For an end-to-end indexing example with Qdrant, see the qdrant-memory tutorial.
When to call human
If the agent searches and finds nothing relevant, do not let it freelance an answer. Two patterns:
- Surface the gap to the user. "I couldn't find this in our docs. You can ask in #support."
- Escalate to a human agent. Especially for support flows. See the customer support use case.
Operational notes
- Cache by canonical query. Multiple users asking the same thing should hit cache.
- Per-tenant indexes for multi-tenant SaaS. Filtering by
tenant_idis fine for small tenants; separate indexes for large ones. - Freshness. Stale docs are worse than no docs. Track last-indexed-at and warn when a doc is > 30 days old.

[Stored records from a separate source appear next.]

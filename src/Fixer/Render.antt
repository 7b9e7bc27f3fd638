-- ===== src/Fixer/Render.antt =====
-- internal/fixer/fixer.go: `render`, `encode` and `styleOf`.
pub mod Verbatim
pub mod Pieces
pub mod Errors
use aegis_ebpf.Base.{
  ℕ, zero, suc, ◌+◌, ◌-◌, Bool, true, false, not, ◌&&◌, ◌||◌, List, [], map, ◌∷◌, ◌++◌, Option,
  none, some, Bytes, codes, Result, ok, err, ◌>>=◌, if◌then◌else◌, ◌==◌, ◌=b◌, leb, ltb, length,
  take,
}
use aegis_ebpf.Fixer.Operation.{ApplyError, encode_failed, require}
use aegis_ebpf.Fixer.Yaml.{
  Node, node, Nodes, nil, cons, attrs, content, mapping_kind, is_mapping, is_sequence, is_empty,
  Yaml,
}

-- `bytes.SplitAfter(src, "\n")`: the lines with their ends. The last one has none, and may be empty.
unfoldable pub split_lines : Bytes → List Bytes
split_lines [] = [] ∷ []
split_lines (c ∷ s) = elim (split_lines s) [
  | [] ↦ (c ∷ []) ∷ []
  | line ∷ lines ↦ if c == b'\n' then (c ∷ []) ∷ line ∷ lines else (c ∷ line) ∷ lines
]

-- `bytes.Join(lines, nil)`.
abbrev pub join_lines : List Bytes → Bytes
join_lines [] = []
join_lines (line ∷ lines) = line ++ join_lines lines

abbrev pub skip : ℕ → List Bytes → List Bytes
skip zero lines = lines
skip (suc n) [] = []
skip (suc n) (_ ∷ lines) = skip n lines

-- `lines[from:to]`.
abbrev pub slice : ℕ → ℕ → List Bytes → List Bytes
slice from to lines = take (to - from) (skip from lines)

abbrev pub is_blank : ℕ → Bool
is_blank c = c == b' ' || c == b'\t' || c == b'\r' || c == b'\n'

unfoldable pub all_blank : Bytes → Bool
all_blank [] = true
all_blank (c ∷ s) = is_blank c && all_blank s

-- `isMarker`: three dashes, and blanks behind them.
unfoldable pub is_marker : Bytes → Bool
unfolding all_blank
is_marker (c ∷ d ∷ e ∷ s) = c == b'-' && d == b'-' && e == b'-' && all_blank s
is_marker _ = false

abbrev pub head_line : List Bytes → Bytes
head_line [] = []
head_line (line ∷ _) = line

-- The starts of the documents behind the one at `from`, where each has its marker.
unfoldable pub starts_from : List Bytes → ℕ → List Node → Option (List ℕ)
starts_from lines from [] = some []
starts_from lines from (doc ∷ docs) =
    let start = (attrs doc).line - 1 in
    let rest = starts_from lines start docs in
    if ltb from start && ltb start (length lines) && is_marker (head_line (skip start lines))
    then elim rest [ none ↦ none | some starts ↦ some (start ∷ starts) ]
    else none

-- The first block mapping and the first block list that `styleOf` has found.
pub record Found : Type 0 where
  pub indent : Option ℕ
  pub compact : Option Bool

abbrev pub is_none {ℓ} : {A : Type ℓ} → Option A → Bool
is_none none = true
is_none (some _) = false

see_block : Node → Node → Found → Found
see_block k v s =
    if is_mapping v && is_none s.indent
    then (if leb ((attrs k).column + 2) (attrs v).column
          && leb (attrs v).column ((attrs k).column + 8)
        then record s { indent = some ((attrs v).column - (attrs k).column) }
        else s)
    else if is_sequence v && is_none s.compact
    then record s { compact = some ((attrs v).column == (attrs k).column) }
    else s

-- The loop over the pairs of a block mapping.
unfoldable pub scan_pairs : Found → Nodes → Found
unfolding see_block
scan_pairs s nil = s
scan_pairs s (cons k nil) = s
scan_pairs s (cons k (cons v rest)) =
    let passed =
      (attrs v).style.flow || is_empty (content v) || leb (attrs v).line (attrs k).line in
    scan_pairs (if passed then s else see_block k v s) rest

-- `visit`, and its loop over the children.
unfoldable mutual
  pub visit : Node → Found → Found
  visit (node k a c) s =
      visit_all c (if mapping_kind k && not a.style.flow then scan_pairs s c else s)

  pub visit_all : Nodes → Found → Found
  visit_all nil s = s
  visit_all (cons n ns) s =
      let visited = visit n s in
      visit_all ns (if is_none s.indent || is_none s.compact then visited else s)

abbrev pub or_else {ℓ} : {A : Type ℓ} → A → Option A → A
or_else a none = a
or_else a (some b) = b

-- `styleOf`.
unfoldable pub style_of : Node → ℕ × Bool
unfolding visit
style_of doc =
    let found = visit doc (record { indent = none; compact = none }) in
    (or_else 2 found.indent, or_else false found.compact)

abbrev pub later_docs : List (Node × Bool) → List Node
later_docs [] = []
later_docs (_ ∷ docs) = map (λ p. p.0) docs

module _ (y : Yaml) where
  open y use {encode_document}

  -- `encode`.
  unfoldable pub encode : Node → Result ApplyError Bytes
  unfolding style_of
  encode doc =
      let (indent, compact) = style_of doc in
      require encode_failed (encode_document indent compact doc)

  -- The text of one document whose lines are `lines`: those lines if it has not changed, and else its
  -- encoding, behind its marker.
  unfoldable pub render_document : List Bytes → Node × Bool → Result ApplyError Bytes
  render_document lines (doc, false) = ok (join_lines lines)
  render_document lines (doc, true) = do
    text ← encode doc
    ok ((if is_marker (head_line lines) then head_line lines else []) ++ text)

  -- The documents from `from` on, where `starts` has the starts of those behind the first.
  unfoldable pub render_parts :
      List Bytes → ℕ → List ℕ → List (Node × Bool) → Result ApplyError Bytes
  render_parts lines from starts [] = ok []
  render_parts lines from [] (doc ∷ docs) = render_document (slice from (length lines) lines) doc
  render_parts lines from (next ∷ starts) (doc ∷ docs) = do
    text ← render_document (slice from next lines) doc
    rest ← render_parts lines next starts docs
    ok (text ++ rest)

  -- Every document encoded again, with markers between them.
  unfoldable pub encode_all : Bool → List (Node × Bool) → Result ApplyError Bytes
  encode_all first [] = ok []
  encode_all first ((doc, _) ∷ docs) = do
    text ← encode doc
    rest ← encode_all false docs
    ok ((if first then [] else codes "---\n") ++ (text ++ rest))

  unfoldable pub render_at :
      List Bytes → List (Node × Bool) → Option (List ℕ) → Result ApplyError Bytes
  render_at lines docs none = encode_all true docs
  render_at lines docs (some starts) = render_parts lines 0 starts docs

  -- `render`.
  unfoldable pub render : Bytes → List (Node × Bool) → Result ApplyError Bytes
  unfolding render_at
  render src docs =
      let lines = split_lines src in render_at lines docs (starts_from lines 0 (later_docs docs))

- Cost. Reranking adds latency and cost; budget about 100ms and $0.001 per query.
Variants
- Internal knowledge base. Confluence, Notion, Slack archives
- Customer-facing docs. Your public documentation site
- Support deflection. Old tickets + KB articles
- Research over a corpus. Papers, contracts, reports
Same shape. Different documents and different filters.
Metrics that matter
| Metric | Target |
|---|---|
| Recall@5 (manual eval) | > 80% |
| Citation coverage | > 95% of claims |
| Hallucination rate | < 3% |
| p95 latency | < 6 s |
| Cost per query | < $0.05 |
Common mistakes
- One giant chunk. Chunks > 1500 tokens lose specificity. Aim for 200–500 tokens with overlap.
- No reranking. Top-5 from hybrid search is usually OK; top-5 from dense alone misses too much.
- No metadata filters. Without
product,audience,tenant, the index is a soup. - Skipping the validator. Citations are the firewall against hallucination. Enforce them.